C'est à partir de ce drame que débute vraiment ce roman d'une noirceur absolue. Harry Hole va glisser peu à peu au bord de la folie, puis en franchir les limites, flirter avec les pulsions de vengeance aveugle, celles qui font perdre toute logique. La police investigue sur le crime, lui aussi. Mais à sa manière. Avec ses mauvaises manières. Et il est bientôt suspendu, sans flingue, sans insigne, réduit à débrouiller les arcanes de l'intrigue en simple civil, devant jouer seul tous les rôles d'un groupe d'enquête, sans en avoir les moyens.

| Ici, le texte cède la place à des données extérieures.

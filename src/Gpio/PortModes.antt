-- ===== src/Gpio/PortModes.antt =====
-- The ports together, as the mode of each pad of each port: what `_gpio_lld_setportmode` and
-- `gpioSetPadMode` change in it.
use nfcee_fw.Base.{
  ℕ, zero, suc, ◌-◌, ◌*◌, ◌^◌, ◌<◌, ◌≡◌, inl, inr, refl, ap, ◌∙◌, sym, arith, Bool, true, false,
  ◌&&◌, Option, none, some, List, [], ◌∷◌, ◌==◌, lt→ltb, ==_refl, if◌then◌else◌, Bool-cases,
  get_elem?, set, length, length-set,
}
use nfcee_fw.Word.{u16, ◌<<<◌}
use nfcee_fw.Run.{Must, Must-map}
use nfcee_fw.Bits.{testbit, testbit-mod, testbit-shl, testbit-zero}
use nfcee_fw.Gpio.{Port, gpio_port, gpio_pad, setportmode, set_pad_mode_of}
use nfcee_fw.Gpio.Mode.{Mode, mode_of, HasMode}
use nfcee_fw.Gpio.PortMode.{setportmode-HasMode}
use nfcee_fw.Gpio.PadModes.{pad_mode, HasMode-pad_mode}

-- The mode of a pad, where the port exists.
abbrev pub port_pad_mode : List Port → ℕ → ℕ → Option Mode
port_pad_mode ports q i = elim (get_elem? ports q) [ none ↦ none | some p ↦ some (pad_mode p i) ]

-- The pads of port `q` that `mask` selects have got the mode; all others have what they had.
abbrev pub IsUpdated : (q mask mode : ℕ) → List Port → List Port → Type 0
IsUpdated q mask mode ports ports' =
    (length ports' ≡ length ports)
    × ((r i : ℕ)
        → i < 16
        → port_pad_mode ports' r i ≡ (
            if (r == q) && (testbit mask i == 1)
            then some (mode_of mode)
            else port_pad_mode ports r i))

pub get_elem?_of_lt :
    (ports : List Port) (q : ℕ) → q < length ports → (p : Port) × (get_elem? ports q ≡ some p)
get_elem?_of_lt [] q h = absurd (omega arith)
get_elem?_of_lt (p ∷ ports) zero h = (p, refl)
get_elem?_of_lt (p ∷ ports) (suc q) h = get_elem?_of_lt ports q (omega arith)

pub get_elem?-set :
    (ports : List Port) (q r : ℕ) (p : Port)
    → q < length ports
    → get_elem? (set ports q p) r ≡ (if r == q then some p else get_elem? ports r)
get_elem?-set [] q r p h = absurd (omega arith)
get_elem?-set (p0 ∷ ports) zero zero p h = refl
get_elem?-set (p0 ∷ ports) zero (suc r) p h = ground arith
get_elem?-set (p0 ∷ ports) (suc q) zero p h = ground arith
get_elem?-set (p0 ∷ ports) (suc q) (suc r) p h =
    get_elem?-set ports q r p (omega arith) ∙ ground arith

pub port_pad_mode-there :
    (ports : List Port) (q i : ℕ) (p : Port)
    → get_elem? ports q ≡ some p
    → port_pad_mode ports q i ≡ some (pad_mode p i)
port_pad_mode-there ports q i p h = rw (h, port_pad_mode) refl

pub port_pad_mode-other :
    (ports ports' : List Port) (r i : ℕ)
    → get_elem? ports' r ≡ get_elem? ports r
    → port_pad_mode ports' r i ≡ port_pad_mode ports r i
port_pad_mode-other ports ports' r i h = rw (h, port_pad_mode) refl

IsUpdated-set :
    (q mask mode : ℕ) (ports : List Port) (p p' : Port)
    → get_elem? ports q ≡ some p
    → q < length ports
    → HasMode 0 mask (mode_of mode) p p'
    → IsUpdated q mask mode ports (set ports q p')
IsUpdated-set q mask mode ports p p' here h written = (
  length-set ports q p',
  λ r i small. elim (Bool-cases (r == q)) [
    | inl e ↦
        let same : r ≡ q = ground arith in
        rw (same, ==_refl q)
          (port_pad_mode-there (set ports q p') q i p'
              (get_elem?-set ports q q p' h ∙ rw (==_refl q) refl)
            ∙ ap some (HasMode-pad_mode mask mode p p' i written small)
            ∙ pull (mode_of mode) (pad_mode p i) (testbit mask i == 1)
                (port_pad_mode-there ports q i p here))
    | inr e ↦
        rw e (
          port_pad_mode-other ports (set ports q p') r i (get_elem?-set ports q r p' h ∙ rw e refl))
  ],
)
  where
    pull :
        (m n : Mode) {o : Option Mode} (b : Bool)
        → o ≡ some n
        → some (if b then m else n) ≡ (if true && b then some m else o)
    pull m n true e = refl
    pull m n false e = sym e

-- `_gpio_lld_setportmode` gives the mode to the pads that the low sixteen bits of the mask select.
pub setportmode-IsUpdated :
    (q mask mode : ℕ) (ports : List Port)
    → q < length ports
    → Must (IsUpdated q (u16 mask) mode ports) (setportmode q mask mode ports)
setportmode-IsUpdated q mask mode ports h =
    let (p, here) = get_elem?_of_lt ports q h in
    Must-map _ (IsUpdated q (u16 mask) mode ports) (setportmode q mask mode ports)
      (λ ports' (p', is_set, written).
        rw is_set (IsUpdated-set q (u16 mask) mode ports p p' here h written))
      (setportmode-HasMode q mask mode ports p here)

testbit-one : (n : ℕ) → testbit 1 n ≡ (if n == 0 then 1 else 0)
testbit-one zero = refl
testbit-one (suc n) = testbit-zero n ∙ ground arith

-- The mask of a single pad.
testbit-pad_mask : (pad i : ℕ) → i < 16 → (testbit (u16 (1 <<< pad)) i == 1) ≡ (i == pad)
testbit-pad_mask pad i h =
    rw (testbit-mod i 16 (1 * 2 ^ pad), lt→ltb i 16 h, testbit-shl pad 1 i, testbit-one (i - pad))
      (ground arith)

-- The pad has got the mode; all other pads of all ports have what they had.
abbrev pub IsPadUpdated : (gpio mode : ℕ) → List Port → List Port → Type 0
IsPadUpdated gpio mode ports ports' =
    (length ports' ≡ length ports)
    × ((r i : ℕ)
        → i < 16
        → port_pad_mode ports' r i ≡ (
            if (r == gpio_port gpio) && (i == gpio_pad gpio)
            then some (mode_of mode)
            else port_pad_mode ports r i))

-- `gpioSetPadMode`, for a pad of a port that exists.
pub set_pad_mode_of-IsPadUpdated :
    (gpio mode : ℕ) (ports : List Port)
    → gpio_port gpio < length ports
    → Must (IsPadUpdated gpio mode ports) (set_pad_mode_of gpio mode ports)
unfolding set_pad_mode_of
set_pad_mode_of-IsPadUpdated gpio mode ports h =
    Must-map (IsUpdated (gpio_port gpio) (u16 (1 <<< gpio_pad gpio)) mode ports)
      (IsPadUpdated gpio mode ports) _
      (λ ports' (same, updated).
        (same, λ r i small. rw (← testbit-pad_mask (gpio_pad gpio) i small) (updated r i small)))
      (setportmode-IsUpdated (gpio_port gpio) (1 <<< gpio_pad gpio) mode ports h)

Noyé dans son chagrin, si puissant qu'il en oublie de boire, Hole titube entre les potentiels coupables, les alibis en béton explosant ses convictions, il fricote comme jamais avec l'arbitraire et l'aveuglement et Nesbø s'en donne à coeur joie, s'y entend à merveille pour nous égarer en compagnie de son flic en perdition. Le code de procédure ne tient plus, les preuves qu'il découvre n'auront aucune valeur devant la justice, surtout que les moyens qu'il emploie sont plus que condamnables, dès le début de ses investigations, Harry comprend qu'il devra appliquer lui même la sentence et qu'elle sera définitive.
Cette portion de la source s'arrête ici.